Мне почудилось, что девица повеселела — Алина будто сбросила с плеч тяжкий груз.
— Ну… тогда я пошла, — сообщила она. — Счастливо оставаться, Крылов!
— И тебе не хворать, Волкова, — произнёс я.
Алина резво развернулась — махнула похожими на лисий хвост волосами, застучала каблуками по ступеням.
Я проводил её взглядом. Прикрыл дверь и вновь подошёл к висевшему на стене в прихожей ромбовидному настенному зеркалу. Заметил на стеклянной поверхности несколько блестящих наклеек. Но не разглядывал их. Сосредоточил внимание на взъерошенном пареньке в больших уродливых очках. Тот смотрел на меня из зеркала настороженно (будто тоже не верил, что является моим отражением), устало. Я поправил средним пальцем широкий пластмассовый «мост», придвинул его к переносице. Круглолицый очкарик проделал то же действие: поправил очки. Или он показал мне неприличный жест? Я покачал головой (и моё отражение проделало то же самое).

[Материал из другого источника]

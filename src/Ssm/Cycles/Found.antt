-- ===== src/Ssm/Cycles/Found.antt =====
-- packages/ssm-compiler/src/compile.ts, `findCycles`: the loop over the assets, and the map of
-- parents that it reads.
use matchline.Base.{
  ◌≡◌, refl, inl, inr, ℕ, suc, true, false, ◌||◌, List, [], ◌∷◌, ◌++◌, Option, none, some, ◌==◌,
  arith, Text, text_eq, text_beq_iff, Map, get, get-some_of_has, has, length, All, All-append,
  includes, add, includes-add, Bool-cases, subst,
}
use matchline.Ssm.Cycles.{
  Climbing, Search, climbs_on, closed, add_all, finished, search_from, search_all, slice,
}
use matchline.Ssm.Cycles.Climb.{Linked, numbered_from, IsClimbing, met_of_done, climbed}
use matchline.Ssm.Cycles.Roots.{
  ReachesRoot, Ends, IsCutOf, IsCycle, IsBroken, reaches_of_Linked, reaches_of_cycle, slice-Linked,
}

includes-add_all :
    (path settled : List Text) (x : Text)
    → includes (add_all settled path) x ≡ (includes settled x || includes path x)
unfolding add_all
includes-add_all [] settled x = ground arith
includes-add_all (y ∷ path) settled x =
    ground (arith, includes-add_all path (add settled y) x, includes-add settled y x)

module _ (parent_of : Map Text Text) (ids : List Text)
    (closed_under : (x y : Text) → get parent_of x ≡ some y → includes ids y ≡ true) where
  abbrev ClimbedFrom : List Text → Text → Climbing → Type 0
  ClimbedFrom settled start_id s =
      IsClimbing parent_of ids closed_under settled start_id s
      × (climbs_on settled s s.current ≡ false)

  closed-some :
      (s : Climbing) (c : Text) (k : ℕ)
      → get s.position_in_path c ≡ some k
      → closed s (some c) ≡ slice s.path k ∷ []
  unfolding closed
  closed-some s c k g = rw (g, closed) refl

  -- What a finished loop adds to the cycles are cycles.
  closed-cycles :
      (s : Climbing) (o : Option Text)
      → s.position_in_path ≡ numbered_from 0 s.path
      → Linked parent_of s.path o
      → All (IsCycle parent_of) (closed s o)
  unfolding closed
  closed-cycles s none e l = tt
  closed-cycles s (some c) e l = go (get s.position_in_path c) refl
    where
      go :
          (o : Option ℕ)
          → get s.position_in_path c ≡ o
          → All (IsCycle parent_of) (elim o [ none ↦ [] | some start ↦ slice s.path start ∷ [] ])
      go none g = tt
      go (some start) g =
          let (h, k) =
            slice-Linked parent_of s.path (some c) 0 start start c (rw e at g) (omega arith) l in
          ((c, h, k), tt)

  module _ (up : Text → Option Text) (cut : IsCutOf up (get parent_of)) where
    abbrev AllBroken : List (List Text) → Type 0
    AllBroken = All (IsBroken up)

    abbrev Settles : Search → Type 0
    Settles state = (x : Text) → includes state.settled x ≡ true → ReachesRoot up x

    All-split : (xs ys : List (List Text)) → AllBroken (xs ++ ys) → AllBroken xs × AllBroken ys
    All-split [] ys b = (tt, b)
    All-split (x ∷ xs) ys (b, bs) = let (l, r) = All-split xs ys bs in ((b, l), r)

    closed-Ends :
        (s : Climbing) (c start : Text)
        → s.position_in_path ≡ numbered_from 0 s.path
        → Linked parent_of s.path (some c)
        → has s.position_in_path c ≡ true
        → AllBroken (closed s (some c))
        → ReachesRoot up c
    unfolding closed
    closed-Ends s c start e l met b =
        let (k, g) = get-some_of_has s.position_in_path c met in
        let (h, m) = slice-Linked parent_of s.path (some c) 0 k k c (rw e at g) (omega arith) l in
        reaches_of_cycle parent_of up cut (slice s.path k) c h m
          (subst AllBroken (closed-some s c k g) b).0

    -- Where a finished loop stopped, a root is reached.
    stop-Ends :
        (state : Search) (start : Text) (s : Climbing) (o : Option Text)
        → Settles state
        → s.position_in_path ≡ numbered_from 0 s.path
        → Linked parent_of s.path o
        → climbs_on state.settled s o ≡ false
        → AllBroken (closed s o)
        → Ends up o
    stop-Ends state start s none st e l done b = tt
    stop-Ends state start s (some c) st e l done b = elim (met_of_done state.settled s c done) [
      | inl old ↦ st c old
      | inr met ↦ closed-Ends s c start e l met b
    ]

    all_of_Linked :
        (xs : List Text) (end : Option Text) (x : Text)
        → Linked parent_of xs end
        → Ends up end
        → includes xs x ≡ true
        → ReachesRoot up x
    all_of_Linked [] end x _ r i = cc
    all_of_Linked (y ∷ xs) end x (e, l) r i = elim (Bool-cases (y == x)) [
      | inl here ↦
          subst (ReachesRoot up) ((text_beq_iff y x).0 here)
            (reaches_of_Linked parent_of up cut (y ∷ xs) end (e, l) r)
      | inr there ↦ all_of_Linked xs end x l r (rw there at i)
    ]

    -- One round of the loop over the assets.
    record Round (start : Text) (before after : Search) : Type 0 where
      settles : Settles before → AllBroken after.cycles → Settles after × ReachesRoot up start
      grows : AllBroken after.cycles → AllBroken before.cycles

    finished-Round :
        (state : Search) (start : Text) (s : Climbing)
        → ClimbedFrom state.settled start s
        → Round start state (finished state s)
    finished-Round state start s (w, done) = record {
      settles = λ st b. settle st (All-split state.cycles _ b).1;
      grows = λ b. (All-split state.cycles _ b).0;
    }
      where
        settle :
            Settles state
            → AllBroken (closed s s.current)
            → Settles (finished state s) × ReachesRoot up start
        settle st b =
            let ends = stop-Ends state start s s.current st w.numbered w.linked done b in
            (
              λ x i. elim (Bool-cases (includes state.settled x)) [
                | inl old ↦ st x old
                | inr new ↦
                    all_of_Linked s.path s.current x w.linked ends
                      (ground (arith, includes-add_all s.path state.settled x))
              ],
              subst (Ends up) w.started
                  (reaches_of_Linked parent_of up cut s.path s.current w.linked ends),
            )

    round :
        (state : Search) (start : Text)
        → includes ids start ≡ true
        → Round start state (search_from (suc (length ids)) parent_of state start)
    unfolding search_from
    round state start i = elim (Bool-cases (includes state.settled start)) [
      | inl old ↦ rw old (record { settles = λ st b. (st, st start old); grows = λ b. b })
      | inr new ↦
          rw new (
            finished-Round state start _ (climbed parent_of ids closed_under state.settled start i))
    ]

    search_all-grows :
        (state : Search) (starts : List Text)
        → All (λ i. includes ids i ≡ true) starts
        → AllBroken (search_all (suc (length ids)) parent_of state starts).cycles
        → AllBroken state.cycles
    unfolding search_all
    search_all-grows state [] _ b = b
    search_all-grows state (start ∷ starts) (i, is) b =
        (round state start i).grows
          (search_all-grows (search_from (suc (length ids)) parent_of state start) starts is b)

    pub search_all-reaches :
        (state : Search) (starts : List Text)
        → Settles state
        → All (λ i. includes ids i ≡ true) starts
        → AllBroken (search_all (suc (length ids)) parent_of state starts).cycles
        → All (ReachesRoot up) starts
    unfolding search_all
    search_all-reaches state [] st _ b = tt
    search_all-reaches state (start ∷ starts) st (i, is) b =
        let (after, here) =
          (round state start i).settles st
            (search_all-grows (search_from (suc (length ids)) parent_of state start) starts is b) in
        (
          here,
          search_all-reaches (search_from (suc (length ids)) parent_of state start) starts after is
              b,
        )

  search_from-cycles :
      (state : Search) (start : Text)
      → includes ids start ≡ true
      → All (IsCycle parent_of) state.cycles
      → All (IsCycle parent_of) (search_from (suc (length ids)) parent_of state start).cycles
  unfolding search_from
  search_from-cycles state start i h = elim (Bool-cases (includes state.settled start)) [
    | inl old ↦ rw old h
    | inr new ↦
        let (w, done) = climbed parent_of ids closed_under state.settled start i in
        rw new
          (All-append (IsCycle parent_of) state.cycles _ h (closed-cycles _ _ w.numbered w.linked))
  ]

  -- The cycles that are found are closed chains of parents.
  pub search_all-cycles :
      (state : Search) (starts : List Text)
      → All (λ i. includes ids i ≡ true) starts
      → All (IsCycle parent_of) state.cycles
      → All (IsCycle parent_of) (search_all (suc (length ids)) parent_of state starts).cycles
  unfolding search_all
  search_all-cycles state [] _ h = h
  search_all-cycles state (start ∷ starts) (i, is) h =
      search_all-cycles (search_from (suc (length ids)) parent_of state start) starts is
        (search_from-cycles state start i h)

«Настоящий ботаник, — подумал я. — Неужто я таким и был?»
Повернул голову: сперва вправо, потом влево. Полюбовался на нос с маленькой горбинкой и острым кончиком — небольшой, не совсем такой, к какому я привык (пока не побывавший в автомобильной аварии). Оскалил зубы — белые, ровные, крупные: «настоящие». Хмыкнул. Парень в зеркале походил на моих сыновей: больше на старшего. И, без сомнения, был точной копией меня — того меня, что остался лишь в воспоминаниях и на фото в школьном выпускном альбоме. Я взглянул на большие и толстые губы («от уха до уха», как говорили мои жёны) и на широко открытые темно-карие глаза. Приподнял очки… но тут же вернул их на прежнее место: без помощи толстых линз я сейчас видел лишь чуть дальше кончика своего носа.
— Круглая морда, огромный рот, — пробормотал я. — Не человек, а очкастый смайлик.
Ухмыльнулся — моё отражавшийся в зеркале иронично скривило губы.
— Буратино, блин…
Я покачал головой. Подумал, что у моего юного тела нашлось и преимущество перед прошлым, постаревшим: явное, заметное. И даже несколько. Во-первых, тот парень, что виделся мне в отражении, не походил на шестидесятилетнего «старикашку» (так я себя величал в больнице). «Ему шестнадцать лет», — всплыла в памяти подсказка. Я вспомнил, как полгода назад получил свой первый паспорт: гражданина Советского Союза. И в то же время не сомневался, что сменил за свою жизнь уже несколько паспортов. В моём последнем паспорте (гражданина Российской Федерации) красовалась фотография сорокапятилетнего мужчины с залысинами и «мешками» под глазами — постаревшим вариантом парня, что смотрел на меня сейчас из зеркала.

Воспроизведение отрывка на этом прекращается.